Exercise objective ▸ Which lines in the records below mention the word "woken"? Copy each one out.

Collection entries:
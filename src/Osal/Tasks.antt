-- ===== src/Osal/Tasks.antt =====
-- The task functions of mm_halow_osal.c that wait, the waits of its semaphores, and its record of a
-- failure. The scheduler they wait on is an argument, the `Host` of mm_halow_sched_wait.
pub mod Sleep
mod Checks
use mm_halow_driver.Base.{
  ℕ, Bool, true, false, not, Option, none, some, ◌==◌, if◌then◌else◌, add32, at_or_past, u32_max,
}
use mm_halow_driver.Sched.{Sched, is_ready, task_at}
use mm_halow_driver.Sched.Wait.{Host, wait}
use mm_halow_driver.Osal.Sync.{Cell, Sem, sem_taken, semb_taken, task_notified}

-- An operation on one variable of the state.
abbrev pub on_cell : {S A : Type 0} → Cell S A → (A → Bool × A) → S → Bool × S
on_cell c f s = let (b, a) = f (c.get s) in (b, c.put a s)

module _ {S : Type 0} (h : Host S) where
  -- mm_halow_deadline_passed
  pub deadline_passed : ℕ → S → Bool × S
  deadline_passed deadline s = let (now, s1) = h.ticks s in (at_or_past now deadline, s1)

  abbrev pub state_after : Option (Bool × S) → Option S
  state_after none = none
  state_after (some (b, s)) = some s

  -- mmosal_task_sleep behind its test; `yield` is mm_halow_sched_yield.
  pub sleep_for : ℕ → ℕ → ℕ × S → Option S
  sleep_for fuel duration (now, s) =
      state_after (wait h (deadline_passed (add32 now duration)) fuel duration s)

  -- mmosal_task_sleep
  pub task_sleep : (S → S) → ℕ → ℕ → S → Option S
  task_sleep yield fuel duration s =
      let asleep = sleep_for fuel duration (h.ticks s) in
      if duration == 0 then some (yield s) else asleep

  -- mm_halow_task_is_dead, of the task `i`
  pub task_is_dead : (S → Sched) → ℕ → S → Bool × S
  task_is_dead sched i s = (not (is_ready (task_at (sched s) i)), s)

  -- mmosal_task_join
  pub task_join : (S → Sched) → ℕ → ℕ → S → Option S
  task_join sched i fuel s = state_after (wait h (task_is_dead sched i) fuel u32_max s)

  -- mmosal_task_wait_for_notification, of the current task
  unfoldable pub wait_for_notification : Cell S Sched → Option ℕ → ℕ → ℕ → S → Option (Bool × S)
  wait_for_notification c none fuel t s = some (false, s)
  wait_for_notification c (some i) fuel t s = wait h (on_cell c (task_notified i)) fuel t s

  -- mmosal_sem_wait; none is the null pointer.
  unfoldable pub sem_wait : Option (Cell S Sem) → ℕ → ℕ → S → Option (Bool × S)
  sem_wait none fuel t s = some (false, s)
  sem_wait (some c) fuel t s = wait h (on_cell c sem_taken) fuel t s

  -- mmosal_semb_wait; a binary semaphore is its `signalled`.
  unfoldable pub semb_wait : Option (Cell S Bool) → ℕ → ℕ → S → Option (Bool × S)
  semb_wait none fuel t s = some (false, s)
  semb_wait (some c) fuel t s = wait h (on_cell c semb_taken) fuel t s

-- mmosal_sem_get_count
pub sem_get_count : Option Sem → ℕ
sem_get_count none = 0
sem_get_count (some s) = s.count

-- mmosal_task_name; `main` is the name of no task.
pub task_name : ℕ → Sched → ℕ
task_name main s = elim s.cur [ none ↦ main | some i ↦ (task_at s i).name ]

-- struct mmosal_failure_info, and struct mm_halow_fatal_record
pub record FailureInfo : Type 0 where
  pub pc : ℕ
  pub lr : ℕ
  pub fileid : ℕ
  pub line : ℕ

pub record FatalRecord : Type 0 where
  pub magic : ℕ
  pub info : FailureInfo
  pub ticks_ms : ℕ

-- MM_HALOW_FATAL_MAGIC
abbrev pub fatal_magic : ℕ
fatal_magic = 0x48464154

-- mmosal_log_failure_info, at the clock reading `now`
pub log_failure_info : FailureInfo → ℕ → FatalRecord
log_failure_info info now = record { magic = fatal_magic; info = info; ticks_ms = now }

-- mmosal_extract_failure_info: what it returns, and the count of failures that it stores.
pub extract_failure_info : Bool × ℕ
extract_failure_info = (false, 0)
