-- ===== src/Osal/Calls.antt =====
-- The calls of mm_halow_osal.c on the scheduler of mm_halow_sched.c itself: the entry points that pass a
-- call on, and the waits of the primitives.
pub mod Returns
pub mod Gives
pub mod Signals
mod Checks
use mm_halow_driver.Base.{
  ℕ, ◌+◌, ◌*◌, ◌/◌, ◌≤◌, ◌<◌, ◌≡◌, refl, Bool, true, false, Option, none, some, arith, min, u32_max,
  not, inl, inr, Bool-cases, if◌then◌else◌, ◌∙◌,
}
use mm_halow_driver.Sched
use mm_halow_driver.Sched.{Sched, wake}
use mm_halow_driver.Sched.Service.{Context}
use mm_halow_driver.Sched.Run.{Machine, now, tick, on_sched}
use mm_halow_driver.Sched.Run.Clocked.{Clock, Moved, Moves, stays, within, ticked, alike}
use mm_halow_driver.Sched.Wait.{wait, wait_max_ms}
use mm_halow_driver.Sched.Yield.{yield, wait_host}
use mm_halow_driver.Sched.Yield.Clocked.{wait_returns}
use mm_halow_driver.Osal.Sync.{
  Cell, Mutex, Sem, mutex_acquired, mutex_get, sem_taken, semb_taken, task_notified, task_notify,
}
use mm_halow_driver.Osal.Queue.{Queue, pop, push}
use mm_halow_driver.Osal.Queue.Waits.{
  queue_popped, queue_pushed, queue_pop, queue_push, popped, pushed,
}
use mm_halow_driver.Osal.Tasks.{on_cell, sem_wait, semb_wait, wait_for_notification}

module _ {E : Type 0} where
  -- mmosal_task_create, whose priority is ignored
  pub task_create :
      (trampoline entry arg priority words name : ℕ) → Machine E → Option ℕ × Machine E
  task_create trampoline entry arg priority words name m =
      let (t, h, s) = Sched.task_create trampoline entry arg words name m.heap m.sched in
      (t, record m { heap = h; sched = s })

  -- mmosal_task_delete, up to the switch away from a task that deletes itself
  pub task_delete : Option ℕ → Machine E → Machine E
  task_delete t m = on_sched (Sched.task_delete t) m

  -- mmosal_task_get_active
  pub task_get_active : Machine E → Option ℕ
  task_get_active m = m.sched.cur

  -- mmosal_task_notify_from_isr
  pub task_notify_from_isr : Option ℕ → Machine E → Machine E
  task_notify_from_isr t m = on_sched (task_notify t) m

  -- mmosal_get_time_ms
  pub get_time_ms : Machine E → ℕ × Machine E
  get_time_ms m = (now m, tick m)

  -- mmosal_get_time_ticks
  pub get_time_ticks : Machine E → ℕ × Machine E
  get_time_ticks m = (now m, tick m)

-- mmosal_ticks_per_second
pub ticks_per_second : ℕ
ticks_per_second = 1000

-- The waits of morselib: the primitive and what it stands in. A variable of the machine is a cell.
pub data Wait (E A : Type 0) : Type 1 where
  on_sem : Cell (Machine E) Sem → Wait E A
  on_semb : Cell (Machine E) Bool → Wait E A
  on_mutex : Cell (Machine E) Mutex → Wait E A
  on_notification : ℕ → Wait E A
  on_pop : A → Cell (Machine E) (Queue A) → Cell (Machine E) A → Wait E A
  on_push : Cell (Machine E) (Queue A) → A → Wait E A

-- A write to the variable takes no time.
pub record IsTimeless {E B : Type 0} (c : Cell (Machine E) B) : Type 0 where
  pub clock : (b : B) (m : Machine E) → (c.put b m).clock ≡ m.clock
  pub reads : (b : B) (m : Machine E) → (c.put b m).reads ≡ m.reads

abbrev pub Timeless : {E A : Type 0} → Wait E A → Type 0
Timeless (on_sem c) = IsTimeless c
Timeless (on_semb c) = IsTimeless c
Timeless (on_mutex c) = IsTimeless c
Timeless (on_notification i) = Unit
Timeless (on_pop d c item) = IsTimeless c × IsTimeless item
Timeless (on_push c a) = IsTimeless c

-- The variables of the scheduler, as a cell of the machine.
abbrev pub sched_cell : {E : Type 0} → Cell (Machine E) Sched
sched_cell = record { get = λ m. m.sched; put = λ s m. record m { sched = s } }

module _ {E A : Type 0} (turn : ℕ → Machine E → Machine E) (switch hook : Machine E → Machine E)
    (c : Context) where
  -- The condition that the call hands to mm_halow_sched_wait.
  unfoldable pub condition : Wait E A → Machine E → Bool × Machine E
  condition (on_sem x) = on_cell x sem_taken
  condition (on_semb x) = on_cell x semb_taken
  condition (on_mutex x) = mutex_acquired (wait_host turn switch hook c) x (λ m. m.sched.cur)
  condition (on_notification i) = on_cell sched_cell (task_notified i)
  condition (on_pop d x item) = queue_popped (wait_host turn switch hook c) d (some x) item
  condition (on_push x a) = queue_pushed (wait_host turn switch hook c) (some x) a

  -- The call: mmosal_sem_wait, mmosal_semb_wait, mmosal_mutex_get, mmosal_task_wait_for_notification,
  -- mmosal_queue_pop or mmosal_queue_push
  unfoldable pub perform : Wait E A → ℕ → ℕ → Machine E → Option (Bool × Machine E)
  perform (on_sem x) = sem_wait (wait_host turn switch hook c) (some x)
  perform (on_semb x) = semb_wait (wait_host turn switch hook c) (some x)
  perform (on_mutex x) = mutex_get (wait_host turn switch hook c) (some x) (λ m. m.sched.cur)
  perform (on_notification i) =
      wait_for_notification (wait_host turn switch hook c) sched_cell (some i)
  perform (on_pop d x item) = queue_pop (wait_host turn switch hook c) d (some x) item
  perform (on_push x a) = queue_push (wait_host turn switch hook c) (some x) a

--

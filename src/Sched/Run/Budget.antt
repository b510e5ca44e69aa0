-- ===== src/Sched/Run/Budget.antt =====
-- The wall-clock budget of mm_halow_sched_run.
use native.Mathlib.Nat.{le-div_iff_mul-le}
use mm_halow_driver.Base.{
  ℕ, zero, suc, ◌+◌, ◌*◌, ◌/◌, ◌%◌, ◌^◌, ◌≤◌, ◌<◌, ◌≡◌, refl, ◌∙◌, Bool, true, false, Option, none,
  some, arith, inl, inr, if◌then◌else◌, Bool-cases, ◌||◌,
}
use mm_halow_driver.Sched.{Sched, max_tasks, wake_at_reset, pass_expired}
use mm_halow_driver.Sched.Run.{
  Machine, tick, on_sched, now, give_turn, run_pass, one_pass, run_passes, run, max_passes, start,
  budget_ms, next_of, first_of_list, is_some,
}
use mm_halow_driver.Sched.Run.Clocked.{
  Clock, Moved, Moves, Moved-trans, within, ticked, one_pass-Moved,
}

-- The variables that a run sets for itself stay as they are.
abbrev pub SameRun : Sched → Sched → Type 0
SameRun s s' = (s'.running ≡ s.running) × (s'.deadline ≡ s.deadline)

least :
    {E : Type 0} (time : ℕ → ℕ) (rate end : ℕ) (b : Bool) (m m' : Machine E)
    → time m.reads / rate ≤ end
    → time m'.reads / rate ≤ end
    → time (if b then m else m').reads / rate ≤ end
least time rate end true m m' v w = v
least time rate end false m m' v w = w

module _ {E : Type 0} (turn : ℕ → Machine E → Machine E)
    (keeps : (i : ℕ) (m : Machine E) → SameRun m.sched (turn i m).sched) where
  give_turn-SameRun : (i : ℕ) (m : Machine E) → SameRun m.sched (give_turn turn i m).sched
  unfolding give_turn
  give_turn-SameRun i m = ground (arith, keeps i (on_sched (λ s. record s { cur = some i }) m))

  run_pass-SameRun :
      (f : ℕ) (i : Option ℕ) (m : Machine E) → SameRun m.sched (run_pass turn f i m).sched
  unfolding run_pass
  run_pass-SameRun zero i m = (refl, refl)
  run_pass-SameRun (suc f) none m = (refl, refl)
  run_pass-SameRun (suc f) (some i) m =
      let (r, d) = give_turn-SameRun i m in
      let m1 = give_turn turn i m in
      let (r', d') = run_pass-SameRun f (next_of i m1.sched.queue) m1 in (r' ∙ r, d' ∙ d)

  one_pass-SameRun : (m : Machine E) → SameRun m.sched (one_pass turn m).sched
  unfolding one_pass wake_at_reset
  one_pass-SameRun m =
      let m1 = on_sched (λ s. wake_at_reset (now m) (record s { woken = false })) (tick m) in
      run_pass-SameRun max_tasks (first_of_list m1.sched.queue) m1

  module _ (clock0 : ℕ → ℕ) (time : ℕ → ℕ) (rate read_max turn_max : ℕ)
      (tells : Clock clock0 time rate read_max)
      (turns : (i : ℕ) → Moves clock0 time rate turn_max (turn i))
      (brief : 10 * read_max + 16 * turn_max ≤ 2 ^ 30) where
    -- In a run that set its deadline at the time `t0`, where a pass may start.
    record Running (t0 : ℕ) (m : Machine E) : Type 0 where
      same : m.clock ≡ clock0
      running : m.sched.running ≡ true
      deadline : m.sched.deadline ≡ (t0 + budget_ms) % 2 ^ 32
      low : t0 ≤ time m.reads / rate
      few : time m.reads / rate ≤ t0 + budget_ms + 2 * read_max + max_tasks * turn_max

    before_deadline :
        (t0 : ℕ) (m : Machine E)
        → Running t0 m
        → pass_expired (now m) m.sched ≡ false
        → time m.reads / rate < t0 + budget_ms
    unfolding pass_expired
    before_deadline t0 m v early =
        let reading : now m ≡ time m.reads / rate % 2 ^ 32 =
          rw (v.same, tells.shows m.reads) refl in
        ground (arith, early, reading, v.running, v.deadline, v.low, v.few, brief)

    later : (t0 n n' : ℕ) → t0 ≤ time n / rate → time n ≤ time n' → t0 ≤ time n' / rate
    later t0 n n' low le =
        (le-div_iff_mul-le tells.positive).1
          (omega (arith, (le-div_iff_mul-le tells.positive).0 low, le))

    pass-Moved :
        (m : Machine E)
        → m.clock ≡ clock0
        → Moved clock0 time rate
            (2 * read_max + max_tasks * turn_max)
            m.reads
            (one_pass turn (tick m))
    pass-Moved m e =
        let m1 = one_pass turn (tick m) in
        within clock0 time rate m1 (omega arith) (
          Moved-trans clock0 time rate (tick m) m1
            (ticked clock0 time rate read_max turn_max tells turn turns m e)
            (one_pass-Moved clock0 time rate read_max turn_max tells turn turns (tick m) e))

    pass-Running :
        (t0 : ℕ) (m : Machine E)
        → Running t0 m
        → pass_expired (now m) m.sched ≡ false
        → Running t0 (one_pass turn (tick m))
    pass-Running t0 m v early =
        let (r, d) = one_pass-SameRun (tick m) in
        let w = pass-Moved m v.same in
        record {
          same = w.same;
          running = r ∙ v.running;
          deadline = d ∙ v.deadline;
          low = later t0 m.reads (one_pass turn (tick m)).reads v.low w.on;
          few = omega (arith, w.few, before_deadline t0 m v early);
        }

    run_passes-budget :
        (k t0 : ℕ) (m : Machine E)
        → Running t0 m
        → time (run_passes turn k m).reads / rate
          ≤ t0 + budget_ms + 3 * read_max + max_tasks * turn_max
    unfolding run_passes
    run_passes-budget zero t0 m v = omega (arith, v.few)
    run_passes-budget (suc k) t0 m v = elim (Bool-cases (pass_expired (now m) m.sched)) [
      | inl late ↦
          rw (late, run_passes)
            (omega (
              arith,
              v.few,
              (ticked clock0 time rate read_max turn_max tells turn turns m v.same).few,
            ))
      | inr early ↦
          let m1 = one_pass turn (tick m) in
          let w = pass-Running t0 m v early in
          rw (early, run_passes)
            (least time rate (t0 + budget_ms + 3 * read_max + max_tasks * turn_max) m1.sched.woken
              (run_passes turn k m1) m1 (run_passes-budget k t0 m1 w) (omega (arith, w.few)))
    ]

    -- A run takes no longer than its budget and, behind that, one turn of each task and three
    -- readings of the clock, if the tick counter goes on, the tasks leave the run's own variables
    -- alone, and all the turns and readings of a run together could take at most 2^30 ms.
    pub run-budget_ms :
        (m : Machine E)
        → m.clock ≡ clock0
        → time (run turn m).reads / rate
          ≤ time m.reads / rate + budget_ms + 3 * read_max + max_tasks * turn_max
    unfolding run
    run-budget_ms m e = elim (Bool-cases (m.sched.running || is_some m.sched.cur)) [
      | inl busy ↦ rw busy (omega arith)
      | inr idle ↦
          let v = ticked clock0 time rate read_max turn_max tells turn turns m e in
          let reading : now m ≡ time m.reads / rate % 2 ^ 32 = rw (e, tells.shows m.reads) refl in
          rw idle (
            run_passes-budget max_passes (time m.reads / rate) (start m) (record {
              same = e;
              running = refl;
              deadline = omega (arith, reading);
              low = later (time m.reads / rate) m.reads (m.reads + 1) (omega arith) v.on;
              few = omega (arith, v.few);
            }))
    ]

Answer for this exercise ▸
      let m1 = on_sched (λ s. wake_at_reset (now m) (record s { woken = false })) (tick m) in
            (least time rate (t0 + budget_ms + 3 * read_max + max_tasks * turn_max) m1.sched.woken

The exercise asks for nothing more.